Another significant challenge to the PO 272 is with respect to the interpretation of the term “government of the state.” The State of J&K has been under Presidential rule for the past sometime and therefore, the concurrence of the state government in the present case refers to the concurrence of the Governor of the State, who is in effect a Presidential representative himself.

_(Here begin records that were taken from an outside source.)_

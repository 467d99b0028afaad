-- ===== src/Agent/Request/Ring.antt =====
-- The expanding ring: a discovery that nobody answers ends.
use ns2_te_aomdv.Base.{
  ℕ, suc, ◌+◌, ◌-◌, ◌<◌, ◌≤◌, ◌≡◌, refl, ◌∙◌, true, false, some, List, [], ◌∷◌, length, ltb, ◌==◌,
  if◌then◌else◌, find-update_first, update_first, arith, Bool-cases, inl, inr, Double, ◌≺◌, ◌⊕◌,
  done,
}
use ns2_te_aomdv.Packet.{Packet, u32}
use ns2_te_aomdv.Entry.{Entry, is_up}
use ns2_te_aomdv.Table.{rt_lookup, has_dst}
use ns2_te_aomdv.Queue.{no_route}
use ns2_te_aomdv.Queue.Purge.{IsCounted}
use ns2_te_aomdv.Agent.State.{Env, Agent, ◌>>=◌, ◌>>◌, entry, scheduled, freed}
use ns2_te_aomdv.Agent.Routes.{is_even}
use ns2_te_aomdv.Agent.Request.{
  ring, next_ttl, requested, emit_request, give_up, send_request, request_packet,
}
use ns2_te_aomdv.Agent.Invariant.Waiting.{mine}
use ns2_te_aomdv.Agent.Invariant.Waiting.Dropped.{left_over, reports, drop_all_waiting_lem}

-- How many requests come before the first one through the whole network.
phase : ℕ → ℕ
phase last =
    if last == 0
    then 2
    else if ltb last 3
    then 3
    else if ltb last 5
    then 2
    else if ltb last 7
    then 1
    else 0

module _ {D : Type 0} where
  -- How many requests come before the node gives up.
  left : Entry D → ℕ
  unfolding phase
  left e = phase (ring e.req_last_ttl e.last_hop_count) + (4 - e.req_cnt)

  left-le : (e : Entry D) → left e ≤ 7
  unfolding left phase
  left-le e = ground arith

module _ {D : Type 0} ⦃fl : Double D⦄ where
  left-requested :
      (env : Env D) (e : Entry D) → e.req_cnt ≤ 3 → suc (left (requested env e)) ≤ left e
  unfolding left phase requested next_ttl
  left-requested env e c = ground arith

  -- The entry after a discovery that nobody answered: the counting begins anew.
  abbrev pub forsaken : Env D → Entry D → Entry D
  forsaken env e = record e { req_timeout = env.now ⊕ fl.lit 1 1; req_cnt = 0 }

  -- The agent that has given the destination up: the packets for it are dropped.
  abbrev pub given_up : Env D → ℕ → Agent D → Agent D
  given_up env dst s = record s {
    rtable = update_first (has_dst dst) (forsaken env) s.rtable;
    rqueue = left_over env dst s.rqueue;
    effects = freed env.blank ∷ reports env dst no_route (mine env dst s.rqueue) s.effects;
  }

  pub give_up_lem :
      (env : Env D) (dst : ℕ) (s : Agent D)
      → IsCounted s.rqueue
      → give_up env dst s ≡ done (tt, given_up env dst s)
  unfolding give_up
  give_up_lem env dst s c =
      rw
        (
          ◌>>=◌,
          ◌>>◌,
          drop_all_waiting_lem env dst no_route
              (record s { rtable = update_first (has_dst dst) (forsaken env) s.rtable }) c,
        )
        refl

  -- Calls of `sendRequest` at the given times, of which the last gives up, and each one before it sends
  -- one request.
  pub data GivesUp (dst : ℕ) : List (Env D) → Agent D → Type 0 where
    at_once :
        {env : Env D} {envs : List (Env D)} {s : Agent D}
        → send_request env dst s ≡ done (tt, given_up env dst s)
        → GivesUp dst (env ∷ envs) s
    later :
        {env : Env D} {envs : List (Env D)} {s s' : Agent D} {p : Packet D}
        → send_request env dst s ≡ done (tt, s')
        → s'.effects ≡ scheduled p (fl.lit 0 1) ∷ s.effects
        → GivesUp dst envs s'
        → GivesUp dst (env ∷ envs) s

  -- Each time is past the time-out that the entry has then.
  abbrev pub IsPatient : List (Env D) → Entry D → Type 0
  IsPatient [] e = Unit
  IsPatient (env ∷ envs) e = ((env.now ≺ e.req_timeout) ≡ false) × IsPatient envs (requested env e)

  -- A call past the time-out, for an entry that is not up.
  pub send_request-asks :
      (env : Env D) (dst : ℕ) (e : Entry D) (s : Agent D)
      → rt_lookup s.rtable dst ≡ some e
      → is_up e.flags ≡ false
      → (env.now ≺ e.req_timeout) ≡ false
      → send_request env dst s
        ≡ (if ltb 3 e.req_cnt then give_up env dst s else emit_request env dst s)
  unfolding send_request
  send_request-asks env dst e s h down past =
      rw (◌>>=◌, ◌>>◌, h) (rw (◌>>=◌, entry, h) (rw (down, past) (ground arith)))

  -- What `emit_request` leaves.
  abbrev pub asked : Env D → ℕ → Entry D → Agent D → Agent D
  asked env dst e s =
      let e' = requested env e in
      let seqno = u32 (s.seqno + 2) in
      record s {
        bid = u32 (s.bid + 1);
        seqno = seqno;
        rtable = update_first (has_dst dst) (requested env) s.rtable;
        effects =
            scheduled
              (request_packet env
                (record s { rtable = update_first (has_dst dst) (requested env) s.rtable }) dst
                e'.seqno seqno e'.req_last_ttl)
              (fl.lit 0 1)
            ∷ s.effects;
      }

  requested-dst :
      (env : Env D) (dst : ℕ) (e : Entry D)
      → has_dst dst e ≡ true
      → has_dst dst (requested env e) ≡ true
  unfolding requested
  requested-dst env dst e h = ground arith

  pub emit_request_lem :
      (env : Env D) (dst : ℕ) (e : Entry D) (s : Agent D)
      → rt_lookup s.rtable dst ≡ some e
      → is_even (u32 (s.seqno + 2)) ≡ true
      → emit_request env dst s ≡ done (tt, asked env dst e s)
  unfolding emit_request rt_lookup
  emit_request_lem env dst e s h even =
      rw
        (
          ◌>>=◌,
          ◌>>◌,
          entry,
          find-update_first (has_dst dst) (requested env) s.rtable e (requested-dst env dst) h,
        )
        (rw even refl)

  asked-found :
      (env : Env D) (dst : ℕ) (e : Entry D) (s : Agent D)
      → rt_lookup s.rtable dst ≡ some e
      → rt_lookup (asked env dst e s).rtable dst ≡ some (requested env e)
  unfolding rt_lookup
  asked-found env dst e s h =
      find-update_first (has_dst dst) (requested env) s.rtable e (requested-dst env dst) h

  requested-down : (env : Env D) (e : Entry D) → is_up (requested env e).flags ≡ is_up e.flags
  unfolding requested
  requested-down env e = refl

  -- For an entry that is not up, a node whose number is even, and a queue whose length is right: of 8
  -- calls of `sendRequest`, one after the other with nothing in between, each past the time-out that
  -- the entry has then, one gives up, and each before it sends one request. The one that gives up
  -- reports each packet for the destination that has not timed out as dropped, in order, leaves in the
  -- queue just the packets for other destinations that have not timed out, and sets the entry's count
  -- of requests to 0 and its time-out to one second from then.
  pub send_request-GivesUp :
      (dst : ℕ) (envs : List (Env D)) (e : Entry D) (s : Agent D)
      → rt_lookup s.rtable dst ≡ some e
      → is_up e.flags ≡ false
      → is_even s.seqno ≡ true
      → IsCounted s.rqueue
      → IsPatient envs e
      → length envs ≡ 8
      → GivesUp dst envs s
  send_request-GivesUp dst envs e s h down even c wait l =
      go envs e s h down even c wait (omega (arith, left-le e))
    where
      go :
          (envs : List (Env D)) (e : Entry D) (s : Agent D)
          → rt_lookup s.rtable dst ≡ some e
          → is_up e.flags ≡ false
          → is_even s.seqno ≡ true
          → IsCounted s.rqueue
          → IsPatient envs e
          → left e < length envs
          → GivesUp dst envs s
      go [] e s h down even c wait l = elim l [ ]
      go (env ∷ envs) e s h down even c wait l = elim (Bool-cases (ltb 3 e.req_cnt)) [
        | inl wide ↦
            at_once
              (send_request-asks env dst e s h down wait.0 ∙ rw wide (give_up_lem env dst s c))
        | inr narrow ↦
            let even' : is_even (u32 (s.seqno + 2)) ≡ true = ground arith in
            later
              (send_request-asks env dst e s h down wait.0
                ∙ rw narrow (emit_request_lem env dst e s h even'))
              refl
              (go envs (requested env e) (asked env dst e s) (asked-found env dst e s h)
                (requested-down env e ∙ down) even' c wait.1
                (omega (arith, left-requested env e (ground arith))))
      ]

This, it can be argued, raises serious questions since it is in violation of the doctrine of separation of powers, the concurrence of the governor cannot be equated to the concurrence of the elected government of the State.
To better appreciate this argument, one would require to interpret the term “State government.” Explanation added to Article 370 via C.O. 44 provides that for the purpose of Article 370, State government shall mean the “governor” and therefore, it can be argued that the concurrence of governor doesn’t violate any constitutional mandate.
This is just the tip of the iceberg, and thus it will be interesting to note what turn the arguments take when the SC takes up the matter for hearing in October, 2019. However, one can be assured that the ruling of the SC in this matter will go down in the annals of the constitutional history of India as one of the greatest turning point for finally cutting this Gordian knot that is Article 370.